Напротив — планы на следующий год у Stenders огромные: увеличить число магазинов по всему миру до 200, открыть новые страны для экспорта, разработать серию продукции для лица, а также начать большой проект строительства нового завода под Ригой с общими инвестициями в 3 млн. латов. Кроме того, компания всерьез думает над строительством своего завода в России — чтобы быть ближе к основному рынку сбыта своей продукции.

Дорогие “корзинки” в неподходящее время

— Янис, вам пришлось закрыть ряд компаний, не связанных с вашей основной деятельностью, — Stendera sabiedrība, Emīla Gustava šokolāde. Но при этом, когда возникают проблемы в холдинге, часто страдает и основное направление, которое частично покрывает убытки остальных. У вас как в этом плане?

— У нас все четко разделено. Было время, когда мы, как и многие компании, пытались развиваться в разных направлениях — были уверены, что это правильно. Тогда появился проект комплекса отдыха Ro?malas, где мы хотели сделать красивый SPA с банями и всякими приятными для тела процедурами. Мы ведь уже его построили и даже запустили, но тут грянул кризис, и сразу же начались проблемы с большими заказами — предприятия стали экономить и в первую очередь отказываться от расходов на развлечения и досуг. Потом процесс экономии перекинулся на простых людей, и вот такой получился результат.

— Сейчас жалеете, что стали “распылять” бизнес по разным направлениям?

— Не жалею, но делаю выводы.
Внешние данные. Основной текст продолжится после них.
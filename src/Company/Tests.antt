-- ===== src/Company/Tests.antt =====
-- Documents in the published form, and the theorems at them.
use ctech_account.Common.{◌≡◌, refl, ◌↔◌, ℕ, true, false, none, some, List, [], ◌∷◌, ◌++◌, map, all}
use ctech_account.Company.TaxId.{
  cpf, cnpj, canonicalize, canonical_rune, all_same_char, tax_id_of, is_all_digits,
  valid_check_digits, check_digit, weighted_sum, char_value, cpf_weight, cnpj_weight,
  normalize_tax_id,
}
use ctech_account.Company.TaxId.Mask.{normalize_tax_id-unmasked, upper}
use ctech_account.Company.TaxId.Canonical.{is_canonical, normalize_tax_id-idempotent}
use ctech_account.Company.TaxId.Sums.{IsDocument}
use ctech_account.Company.TaxId.Exact.{Plain, normalize_tax_id-documents}
use ctech_account.Company.TaxId.CheckDigits.{normalize_tax_id-determined}

-- 529.982.247-25
abbrev masked_cpf : List ℕ
masked_cpf = 53 ∷ 50 ∷ 57 ∷ 46 ∷ 57 ∷ 56 ∷ 50 ∷ 46 ∷ 50 ∷ 52 ∷ 55 ∷ 45 ∷ 50 ∷ 53 ∷ []

abbrev plain_cpf : List ℕ
plain_cpf = 53 ∷ 50 ∷ 57 ∷ 57 ∷ 56 ∷ 50 ∷ 50 ∷ 52 ∷ 55 ∷ 50 ∷ 53 ∷ []

-- 12.abc.345/01de-35, as the Receita Federal's example of an alphanumeric CNPJ, in lower case
abbrev masked_cnpj : List ℕ
masked_cnpj =
    49 ∷ 50 ∷ 46 ∷ 97 ∷ 98 ∷ 99 ∷ 46 ∷ 51 ∷ 52 ∷ 53 ∷ 47 ∷ 48 ∷ 49 ∷ 100 ∷ 101 ∷ 45 ∷ 51 ∷ 53 ∷ []

abbrev plain_cnpj : List ℕ
plain_cnpj = 49 ∷ 50 ∷ 65 ∷ 66 ∷ 67 ∷ 51 ∷ 52 ∷ 53 ∷ 48 ∷ 49 ∷ 68 ∷ 69 ∷ 51 ∷ 53 ∷ []

cpf_accepted : normalize_tax_id masked_cpf ≡ some (plain_cpf, cpf)
unfolding normalize_tax_id canonicalize canonical_rune all_same_char tax_id_of is_all_digits
    valid_check_digits check_digit weighted_sum char_value cpf_weight cnpj_weight
cpf_accepted = refl

plain_accepted : normalize_tax_id plain_cpf ≡ some (plain_cpf, cpf)
unfolding normalize_tax_id canonicalize canonical_rune all_same_char tax_id_of is_all_digits
    valid_check_digits check_digit weighted_sum char_value cpf_weight cnpj_weight
plain_accepted = refl

cnpj_accepted : normalize_tax_id masked_cnpj ≡ some (plain_cnpj, cnpj)
unfolding normalize_tax_id canonicalize canonical_rune all_same_char tax_id_of is_all_digits
    valid_check_digits check_digit weighted_sum char_value cpf_weight cnpj_weight
cnpj_accepted = refl

-- One digit too many.
cpf_refused : normalize_tax_id (masked_cpf ++ 54 ∷ []) ≡ none
unfolding normalize_tax_id canonicalize canonical_rune all_same_char tax_id_of is_all_digits
    valid_check_digits check_digit weighted_sum char_value cpf_weight cnpj_weight
cpf_refused = refl

normalize_tax_id-unmasked_example :
    (normalize_tax_id (masked_cnpj ++ 45 ∷ []) ≡ normalize_tax_id (masked_cnpj ++ []))
    × (normalize_tax_id (map upper masked_cnpj) ≡ normalize_tax_id masked_cnpj)
normalize_tax_id-unmasked_example = normalize_tax_id-unmasked masked_cnpj [] 45 refl

normalize_tax_id-documents_example : (normalize_tax_id masked_cnpj ≡ some (plain_cnpj, cnpj)) ↔ (
    Plain masked_cnpj plain_cnpj × (all_same_char plain_cnpj ≡ false) × IsDocument plain_cnpj cnpj)
normalize_tax_id-documents_example = normalize_tax_id-documents masked_cnpj plain_cnpj cnpj

normalize_tax_id-idempotent_example :
    (all is_canonical plain_cnpj ≡ true) × (normalize_tax_id plain_cnpj ≡ some (plain_cnpj, cnpj))
normalize_tax_id-idempotent_example =
    normalize_tax_id-idempotent masked_cnpj plain_cnpj cnpj cnpj_accepted

normalize_tax_id-determined_example : plain_cpf ≡ plain_cpf
normalize_tax_id-determined_example =
    normalize_tax_id-determined masked_cpf plain_cpf plain_cpf plain_cpf cpf cpf_accepted
      plain_accepted refl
Просто получилось, что поговорка “не класть яйца в одну корзину” работает только при условии, если разные “корзинки” не так дороги, как в случае с недвижимостью. И если направление по недвижимости вдруг становится убыточным, то оно сильно бьет по остальному бизнесу.
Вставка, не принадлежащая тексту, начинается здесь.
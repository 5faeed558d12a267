-- ===== src/Deletion.antt =====
-- api/internal/domain/deletion: the life of a request to delete an account, or to leave one product.
pub mod Model
pub mod Rows
pub mod Env
pub mod Items
pub mod Repository
pub mod Links
pub mod Opening
pub mod Saga
pub mod Worker
pub mod Lifecycle
pub mod Authority
pub mod Acks
pub mod Silent
mod Tests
— Вы вкладывали в комплекс свои деньги тоже? Что с ним будет?

— Там было задействовано банковское финансирование и вложены собственные средства. Сейчас есть идея продать этот комплекс.
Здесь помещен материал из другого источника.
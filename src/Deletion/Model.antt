-- ===== src/Deletion/Model.antt =====
-- api/internal/domain/deletion/model.go. A clock reads nanoseconds since 1970; text of RFC 3339 stands
-- for the second that it names, and "" for `none`. pk and sk are the ids that they are built of.
use ctech_account.Common.{ℕ, ◌*◌, ◌/◌, String, Bool, true, false, Option, none, some, List, ltb}

abbrev pub second : ℕ
second = 1000000000

-- `.Unix()`
abbrev pub unix : ℕ → ℕ
unix t = t / second

-- 7 days
abbrev pub grace_period : ℕ
grace_period = 7 * 24 * 3600 * second

abbrev pub confirm_window : ℕ
confirm_window = 24 * 3600 * second

abbrev pub reminder_lead : ℕ
reminder_lead = 24 * 3600 * second

pub data Scope : Type 0 where
  account service : Scope

pub data State : Type 0 where
  awaiting_confirmation pending cancelled expired locked purging stalled blocked purged : State

abbrev pub same_state : State → State → Bool
same_state awaiting_confirmation awaiting_confirmation = true
same_state pending pending = true
same_state cancelled cancelled = true
same_state expired expired = true
same_state locked locked = true
same_state purging purging = true
same_state stalled stalled = true
same_state blocked blocked = true
same_state purged purged = true
same_state _ _ = false

-- Open
abbrev pub is_open : State → Bool
is_open cancelled = false
is_open expired = false
is_open purged = false
is_open _ = true

pub record Workspace : Type 0 where
  pub id : String
  pub kind : String

abbrev pub Stamp : Type 0
Stamp = Option ℕ

-- ts
abbrev pub ts : ℕ → Stamp
ts t = some (t / second)

-- parseTime: the zero time, which no text gives, lies before all that a clock reads; so does 0.
abbrev pub parse_time : Stamp → ℕ
parse_time none = 0
parse_time (some s) = s * second

-- `t.Before(u)`, where `u` is the time in a text.
abbrev pub before : ℕ → Stamp → Bool
before t u = ltb t (parse_time u)

pub record Request : Type 0 where
  pub id : String
  pub user_id : String
  pub scope : Scope
  pub product : String
  pub state : State
  pub confirm_token_hash : String
  pub cancel_token_hashes : List String
  pub lock_applied : Bool
  pub scheduled_sent : Bool
  pub reminded : Bool
  pub blocked_notified : Bool
  pub organizations : List String
  pub workspaces : List Workspace
  pub blockers : List String
  pub purged_at : Stamp
  pub legal_hold : Bool
  pub legal_hold_by : String
  pub requested_at : Stamp
  pub confirm_by : Stamp
  pub confirmed_at : Stamp
  pub grace_until : Stamp
  pub cancelled_at : Stamp
  pub locked_at : Stamp
  pub updated_at : Stamp
  pub due_state : Option State
  pub next_action_at : Stamp

unfoldable pub set_due : ℕ → Request → Request
set_due at r = record r { due_state = some r.state; next_action_at = ts at }

unfoldable pub clear_due : Request → Request
clear_due r = record r { due_state = none; next_action_at = none }

pub data Status : Type 0 where
  dispatched acked refused : Status

abbrev pub same_status : Status → Status → Bool
same_status dispatched dispatched = true
same_status acked acked = true
same_status refused refused = true
same_status _ _ = false

pub record ServiceStatus : Type 0 where
  pub request_id : String
  pub service : String
  pub status : Status
  pub attempts : ℕ
  pub first_dispatch_at : Stamp
  pub last_dispatch_at : Stamp
  pub acked_at : Stamp
  pub counts : List (String × ℕ)
  pub blockers : List String

-- A participant's message: the request, its result (blocked or not), what it erased, what stops it.
pub record Ack : Type 0 where
  pub request_id : String
  pub is_blocked : Bool
  pub counts : List (String × ℕ)
  pub blockers : List String

pub record User : Type 0 where
  pub email : String
  pub first_name : String
  pub cpf : String

-- The errors of model.go and service.go; `blocked_by` is BlockedError with the blockers' codes, `failed`
-- any other error.
pub data DeletionError : Type 0 where
  not_found open_request unknown_service eligibility_unavailable state_changed : DeletionError
  invalid_token not_cancellable hold_needs_second_admin failed : DeletionError
  blocked_by : List String → DeletionError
— Сколько вы потеряли на нем?

— (Вздыхает.) Есть такая песня: “Не сыпь мне соль на раны…” — это про меня. В общей сложности потерял около 2 миллионов латов.

— При этом вы улыбаетесь. Уже перестали расстраиваться?

— Я недавно слышал хорошую поговорку: “Деньги потеряешь — ничего не потеряешь. Здоровье потеряешь — половину потеряешь. Надежду потеряешь — все потеряешь”. Конечно, трудно и больно терять деньги. Но если у тебя есть идеи по поводу того, как их снова заработать, тогда не все так страшно.

— Почему не удалось сохранить Emīla Gustava šokolāde, ведь он не был связан с недвижимостью? Или дорогой шоколад в кризис — это почти то же самое?

— Это трудный вопрос. Emīla Gustava šokolāde обрушил не только кризис, там где–то и наши ошибки, наша неправильная стратегия развития компании.

— Насколько известно, Emīla Gustava šokolāde занималась ваша бывшая жена. Если бы компанией управляли вы лично, удалось бы избежать этих ошибок?

— Ни в коем случае! Мы вместе все–таки думали над тем, как развивать компанию. Наверное, надо было делать упор на экспорт — мы об этом стали думать слишком поздно, когда в компании уже появились трудности. В отличие от продукции Stenders у шоколада был экспорт, но очень незначительный, и когда фактически рухнул внутренний рынок, экспорт не смог вытащить предприятие.

— Поскольку бренд Emīla Gustava šokolāde остается в вашей собственности, не планируете подождать годика два, а потом опять запустить производство шоколада?

— Все может быть. В любом случае надо что–то делать, а не сидеть сложа руки.

Как китайцы воруют идеи

— География магазинов Stenders очень обширная — от Китая до Колумбии, включая Россию и большинство стран СНГ, а также страны Балтии. Где на карте мира еще планируете расставить флажки в будущем году?

— Сейчас мы открываем представительство в Саудовской Аравии — человек оттуда сам нашел нас, мы в течение двух лет обговаривали условия, и только сейчас появился конкретный результат. Это очень перспективный для нас рынок. Очень интересны для нас страны СНГ — Белоруссия, Украина, Азербайджан, Казахстан. Прекрасно идут дела в Эстонии, там мы тоже будем расширяться. В Литву мы фактически входим заново — там мы планируем открыть около 10 магазинов.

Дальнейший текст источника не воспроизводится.